Singaporeans already complaining about Hong Kong bankers in their city
Singapore’s more flexible pandemic measures have made it an obvious destination for Hong Kong bankers looking to escape the Chinese government’s zero-Covid policy. A number of expats have moved to Singapore on a temporary basis so that they can continue to visit clients and manage their teams more easily, while western banks have considered moving staff on a more permanent basis.
The chief operating officer at one international bank said It was considering relocating its industry teams to Singapore on a full-time basis.

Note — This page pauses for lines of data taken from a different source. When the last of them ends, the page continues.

-- ===== src/ProcessString/NumStrings.antt =====
-- isNumString, isNumStringWithComma and isNumStringWithSeparator of parse_config/ProcessString.hpp.
use c_plus_plus.Prelude.{ℕ, ◌≡◌, refl, Bool, true, ◌&&◌, some, [], ◌∷◌, ◌++◌, arith}
use c_plus_plus.Prelude.Chars.{Bytes, isdigit}
use c_plus_plus.Prelude.Find.{all_of}
use c_plus_plus.ProcessString.{
  is_num_string, all_but_last, last_char, is_num_string_with_comma, is_num_string_with_separator,
  is_numeric,
}

last_char-concat : (s : Bytes) (d : ℕ) → last_char (s ++ d ∷ []) ≡ some d
unfolding last_char
last_char-concat [] d = refl
last_char-concat (c ∷ []) d = refl
last_char-concat (c ∷ e ∷ s) d = last_char-concat (e ∷ s) d

all_but_last-concat : (p : ℕ → Bool) (s : Bytes) (d : ℕ) → all_but_last p (s ++ d ∷ []) ≡ all_of p s
unfolding all_but_last all_of
all_but_last-concat p [] d = refl
all_but_last-concat p (c ∷ []) d = ground arith
all_but_last-concat p (c ∷ e ∷ s) d = ground (arith, all_but_last-concat p (e ∷ s) d)

is_num_string-all : (s : Bytes) → is_num_string s ≡ all_of isdigit s
unfolding is_num_string all_of isdigit
is_num_string-all [] = refl
is_num_string-all (c ∷ s) = ground (arith, is_num_string-all s)

is_num_string_with_separator-concat :
    (s : Bytes) (d separator : ℕ)
    → is_num_string_with_separator (s ++ d ∷ []) separator
      ≡ some (isdigit d && all_of (is_numeric separator) s)
unfolding is_num_string_with_separator isdigit
is_num_string_with_separator-concat s d separator =
    rw (last_char-concat s d, all_but_last-concat (is_numeric separator) s d) (ground arith)

digits_numeric :
    (s : Bytes) (d separator : ℕ)
    → all_of isdigit (s ++ d ∷ []) ≡ true
    → (isdigit d && all_of (is_numeric separator) s) ≡ true
unfolding all_of isdigit
digits_numeric [] d separator h = ground arith
digits_numeric (c ∷ s) d separator h = ground (arith, digits_numeric s d separator)

-- A string that is not empty passes `isNumStringWithSeparator` if and only if its last character is
-- a digit and each of the others is a digit, a point or the separator; `isNumStringWithComma` is the
-- case of the comma; `isNumString` holds of digits only.
pub num_strings_lem :
    (s : Bytes) (d separator : ℕ)
    → (is_num_string_with_separator (s ++ d ∷ []) separator
        ≡ some (isdigit d && all_of (is_numeric separator) s))
      × (is_num_string_with_comma (s ++ d ∷ []) ≡ is_num_string_with_separator (s ++ d ∷ []) b',')
      × (is_num_string (s ++ d ∷ []) ≡ all_of isdigit (s ++ d ∷ []))
unfolding is_num_string_with_separator is_num_string_with_comma
num_strings_lem s d separator = (
  is_num_string_with_separator-concat s d separator,
  rw (last_char-concat s d),
  is_num_string-all (s ++ d ∷ []),
)
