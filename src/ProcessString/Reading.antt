-- ===== src/ProcessString/Reading.antt =====
-- readStringEndByEnter and readStringEndByMultiEnter of parse_config/ProcessString.hpp.
use c_plus_plus.Prelude.{
  ℕ, ◌+◌, ◌≡◌, ◌∙◌, Bool, true, false, not, ◌||◌, some, List, [], ◌∷◌, ◌++◌, append-nil,
  append_assoc, arith, leb, ◌==◌, if◌then◌else◌, length, concat,
}
use c_plus_plus.Prelude.Chars.{Bytes}
use c_plus_plus.Prelude.Find.{All}
use c_plus_plus.ProcessString.{read_string_end_by_enter, read_multi, read_string_end_by_multi_enter}

-- A character of a line: no line feed and no zero byte.
abbrev pub in_line : ℕ → Bool
in_line c = not (c == b'\n' || c == 0)

-- Lines as they are typed, each with the line feed that ends it, and the input behind them.
abbrev pub typed : List Bytes → Bytes → Bytes
typed [] rest = rest
typed (line ∷ lines) rest = line ++ b'\n' ∷ typed lines rest

abbrev pub AreLines : List Bytes → Type 0
AreLines [] = Unit
AreLines (line ∷ lines) = All in_line line × AreLines lines

enter_line :
    (what_read line rest : Bytes)
    → All in_line line
    → read_string_end_by_enter what_read (line ++ b'\n' ∷ rest) ≡ some (what_read ++ line, rest)
unfolding read_string_end_by_enter
enter_line what_read [] rest a = rw append-nil
enter_line what_read (c ∷ line) rest a =
    ground
      (arith, enter_line (what_read ++ c ∷ []) line rest a.1, append_assoc what_read (c ∷ []) line)

multi_line :
    (num count : ℕ) (what_read line rest : Bytes)
    → All in_line line
    → read_multi num count what_read (line ++ b'\n' ∷ rest) ≡ (
        if leb num (count + 1)
        then some (what_read ++ line, rest)
        else read_multi num (count + 1) (what_read ++ line) rest)
unfolding read_multi
multi_line num count what_read [] rest a = rw append-nil
multi_line num count what_read (c ∷ line) rest a = ground (
  arith,
  multi_line num count (what_read ++ c ∷ []) line rest a.1,
  append_assoc what_read (c ∷ []) line,
)

multi_lines :
    (num count : ℕ) (what_read line : Bytes) (lines : List Bytes) (rest : Bytes)
    → num ≡ count + length (line ∷ lines)
    → AreLines (line ∷ lines)
    → read_multi num count what_read (typed (line ∷ lines) rest)
      ≡ some (what_read ++ concat (line ∷ lines), rest)
multi_lines num count what_read line [] rest n a =
    let stop : leb num (count + 1) ≡ true = ground arith in
    multi_line num count what_read line rest a.0 ∙ rw (stop, append-nil)
multi_lines num count what_read line (next ∷ lines) rest n a =
    let go : leb num (count + 1) ≡ false = ground arith in
    multi_line num count what_read line (typed (next ∷ lines) rest) a.0
    ∙ rw go (
        multi_lines num (count + 1) (what_read ++ line) next lines rest (omega arith) a.1
        ∙ rw append_assoc)

-- `readStringEndByEnter` appends the line up to the first line feed, which it takes from the input;
-- `readStringEndByMultiEnter` appends as many lines as it is asked for, without their line feeds.
pub reading_lem :
    (what_read line : Bytes) (lines : List Bytes) (rest : Bytes)
    → AreLines (line ∷ lines)
    → (read_string_end_by_enter what_read (line ++ b'\n' ∷ rest) ≡ some (what_read ++ line, rest))
      × (read_string_end_by_multi_enter what_read
            (length (line ∷ lines))
            (typed (line ∷ lines) rest)
          ≡ some (what_read ++ concat (line ∷ lines), rest))
unfolding read_string_end_by_multi_enter
reading_lem what_read line lines rest a = (
  enter_line what_read line rest a.0,
  multi_lines (length (line ∷ lines)) 0 what_read line lines rest (omega arith) a,
)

But there’s a hitch. With a small population of 5.6m, Singapore is keen to ensure that its banking jobs are offered to locals. This year it announced new minimum salaries and a “points-based” system for approving employment passes, Singapore’s visa for higher-earning professionals. The new rules require incoming finance professionals to earn at least S$5,500 ($4,050) a month. That’s less of an issue for Hong Kong bankers, but it reflects Singaporean authorities' desire for any job to be advertised to locals first.
The head of investment banking at one western firm said: “It’s getting increasingly difficult to hire foreigners in Singapore. It’s got to be a senior person with a specific skill set otherwise you can find someone in Singapore with those qualifications.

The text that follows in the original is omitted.